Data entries
-- ===== src/Store/Hosts/Pools.antt =====
-- ReplaceWarmPoolsForHost: what the table of warm pools holds afterwards.
use Prim.Native.String.{◌++◌}
use Prim.Native.String.append
use text.Mathlib.TextLemmas.{append_assoc}
use text.Mathlib.Text.{starts_with}
use text.Mathlib.TextPositions.{starts_with-append}
use lecrev.Prelude.{
  String, ◌≡◌, refl, ap, ◌∙◌, Option, none, some, List, [], ◌∷◌, arith, eq_iff, str_eq,
  if◌then◌else◌,
}
use lecrev.Maps.{Assoc, get, put, get-put}
use lecrev.Maps.Keyed.{IsKeyed, put-IsKeyed}
use lecrev.Domain.{WarmPool}
use lecrev.Store.State.{Store}
use lecrev.Store.Hosts.{warm_pool_key, remove_prefixed, put_pools, replace_warm_pools_for_host}

abbrev pub pool_key : WarmPool → String
pool_key p = warm_pool_key p.region p.host_id p.function_version_id

-- The last of the given pools under a key, or what was there.
abbrev pub last_pool : List WarmPool → String → Option WarmPool → Option WarmPool
last_pool [] k old = old
last_pool (p ∷ pools) k old = last_pool pools k (if str_eq (pool_key p) k then some p else old)

get-remove_prefixed :
    (prefix : String) (m : Assoc WarmPool) (k : String)
    → get (remove_prefixed prefix m) k ≡ (if starts_with k prefix then none else get m k)
unfolding get remove_prefixed
get-remove_prefixed prefix [] k = ground arith
get-remove_prefixed prefix ((j, p) ∷ m) k =
    ground (arith, eq_iff j k, get-remove_prefixed prefix m k)

get-put_pools :
    (pools : List WarmPool) (m : Assoc WarmPool) (k : String)
    → get (put_pools pools m) k ≡ last_pool pools k (get m k)
unfolding put_pools
get-put_pools [] m k = refl
get-put_pools (p ∷ pools) m k =
    get-put_pools pools (put m (pool_key p) p) k
    ∙ ap (last_pool pools k) (get-put m (pool_key p) k p)

-- After the pools of a host are replaced, a key holds the last of the given pools under it;
-- without one it is gone if it begins with the key of the host, and unchanged otherwise.
replace_warm_pools-get :
    (region host_id : String) (pools : List WarmPool) (s : Store) (k : String)
    → get (replace_warm_pools_for_host region host_id pools s).1.warm_pools k
      ≡ last_pool pools k
          (if starts_with k (warm_pool_key region host_id "") then none else get s.warm_pools k)
unfolding replace_warm_pools_for_host
replace_warm_pools-get region host_id pools s k =
    get-put_pools pools _ k ∙ ap (last_pool pools k) (get-remove_prefixed _ s.warm_pools k)

pub remove_prefixed-IsKeyed :
    (prefix : String) (m : Assoc WarmPool)
    → IsKeyed pool_key m
    → IsKeyed pool_key (remove_prefixed prefix m)
unfolding remove_prefixed
remove_prefixed-IsKeyed prefix [] h = tt
remove_prefixed-IsKeyed prefix ((j, p) ∷ m) h =
    ground (arith, get-remove_prefixed prefix m j, remove_prefixed-IsKeyed prefix m h.2)

pub put_pools-IsKeyed :
    (pools : List WarmPool) (m : Assoc WarmPool)
    → IsKeyed pool_key m
    → IsKeyed pool_key (put_pools pools m)
unfolding put_pools
put_pools-IsKeyed [] m h = h
put_pools-IsKeyed (p ∷ pools) m h =
    put_pools-IsKeyed pools (put m (pool_key p) p) (put-IsKeyed pool_key m p h)

longer_host_key :
    (region host x f : String)
    → warm_pool_key region (host ++ (":" ++ x)) f
      ≡ warm_pool_key region host "" ++ (x ++ (":" ++ f))
unfolding warm_pool_key
longer_host_key region host x f = simp (append_assoc, append.nil)

-- A host whose id extends another's by a colon and more loses its pools with the other's: after
-- the pools of `host` were replaced by none, no pool of the host `host:x` is left.
replace_warm_pools_collide :
    (region host x f : String) (s : Store)
    → get
        (replace_warm_pools_for_host region host [] s).1.warm_pools
        (warm_pool_key region (host ++ (":" ++ x)) f)
      ≡ none
replace_warm_pools_collide region host x f s =
    let key = warm_pool_key region host "" in
    let k = warm_pool_key region (host ++ (":" ++ x)) f in
    replace_warm_pools-get region host [] s k
    ∙ ap (λ b. if b then none else get s.warm_pools k)
        (ap (λ t. starts_with t key) (longer_host_key region host x f)
          ∙ starts_with-append key (x ++ (":" ++ f)))
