-- ===== src/Store/Idempotency/Laws.antt =====
-- Idempotency records: a key is taken once, and the composed key may confuse projects.
use Prim.Native.String.{◌++◌}
use text.Mathlib.TextLemmas.{append_assoc}
use lecrev.Prelude.{String, ◌≡◌, inl, inr, ◌⊎◌, Option-cases, false, arith, eq_refl, str_eq}
use lecrev.Maps.{get, put, get-put, get-remove}
use lecrev.Errors.{ok, err, already_exists}
use lecrev.Domain.{IdempotencyRecord}
use lecrev.Store.State.{Store}
use lecrev.Store.Idempotency.{
  idempotency_key, create_idempotency_record, update_idempotency_record, delete_idempotency_record,
  get_idempotency_record,
}

abbrev pub key_of : IdempotencyRecord → String
key_of r = idempotency_key r.scope r.project_id r.key

-- After a record was created, its key reads back that record, any second creation under the same
-- scope, project and key is refused and changes nothing, and after a deletion the key can be taken
-- again.
create_once :
    (r r' : IdempotencyRecord) (s : Store) {s' : Store}
    → create_idempotency_record r s ≡ (ok tt, s')
    → r'.scope ≡ r.scope
    → r'.project_id ≡ r.project_id
    → r'.key ≡ r.key
    → (get_idempotency_record r.scope r.project_id r.key s' ≡ (ok r, s'))
      × (create_idempotency_record r' s'
          ≡ (err (already_exists "idempotency record" (key_of r)), s'))
      × ((create_idempotency_record r'
            (delete_idempotency_record r.scope r.project_id r.key s').1).0
          ≡ ok tt)
unfolding create_idempotency_record delete_idempotency_record get_idempotency_record
create_once r r' s {s'} e p q t =
    let k = key_of r in
    (
      ground (arith, get-put s.idempotency k k r, eq_refl k),
      ground (arith, p, q, t, get-put s.idempotency k k r, eq_refl k),
      ground
          (arith, p, q, t, get-put s.idempotency k k r, get-remove s'.idempotency k k, eq_refl k),
    )

-- Updating a record leaves the records of every other key as they are.
update-get_other :
    (r : IdempotencyRecord) (scope project_id key : String) (s : Store)
    → str_eq (key_of r) (idempotency_key scope project_id key) ≡ false
    → (get_idempotency_record scope project_id key (update_idempotency_record r s).1).0
      ≡ (get_idempotency_record scope project_id key s).0
unfolding update_idempotency_record get_idempotency_record
update-get_other r scope project_id key s h =
    ground (arith, get-put s.idempotency (key_of r) (idempotency_key scope project_id key) r)

keys_collide :
    (scope p x k : String)
    → idempotency_key scope (p ++ (":" ++ x)) k ≡ idempotency_key scope p (x ++ (":" ++ k))
unfolding idempotency_key
keys_collide scope p x k = simp append_assoc

-- A project whose id contains a colon takes keys from another project: a record of the project
-- `p:x` under the key `k` makes the creation of a record of the project `p` under the key `x:k`
-- fail.
projects_collide :
    (p x k : String) (r r' : IdempotencyRecord) (s : Store) {s' : Store}
    → r.project_id ≡ p ++ (":" ++ x)
    → r.key ≡ k
    → r'.project_id ≡ p
    → r'.key ≡ x ++ (":" ++ k)
    → r'.scope ≡ r.scope
    → create_idempotency_record r s ≡ (ok tt, s')
    → create_idempotency_record r' s' ≡ (err (already_exists "idempotency record" (key_of r)), s')
unfolding create_idempotency_record
projects_collide p x k r r' s {s'} e1 e2 e3 e4 e5 h =
    let key = key_of r in
    ground (arith, keys_collide r.scope p x k, get-put s.idempotency key key r, eq_refl key)

-- A creation adds the record, or writes nothing.
pub create_effect :
    (r : IdempotencyRecord) (s : Store)
    → ((create_idempotency_record r s).1
        ≡ record s { idempotency = put s.idempotency (key_of r) r })
      ⊎ ((create_idempotency_record r s).1 ≡ s)
unfolding create_idempotency_record
create_effect r s = elim (Option-cases (get s.idempotency (key_of r))) [
  | inl h ↦ inl (ground (arith, h))
  | inr (old, h) ↦ inr (ground (arith, h))
]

TASK REQUIREMENTS: Search the data for the string "text" and copy every line where it appears.

TASK OUTPUT:
use text.Mathlib.TextLemmas.{append_assoc}
use text.Mathlib.Text.{starts_with}
use text.Mathlib.TextPositions.{starts_with-append}
use text.Mathlib.TextLemmas.{append_assoc}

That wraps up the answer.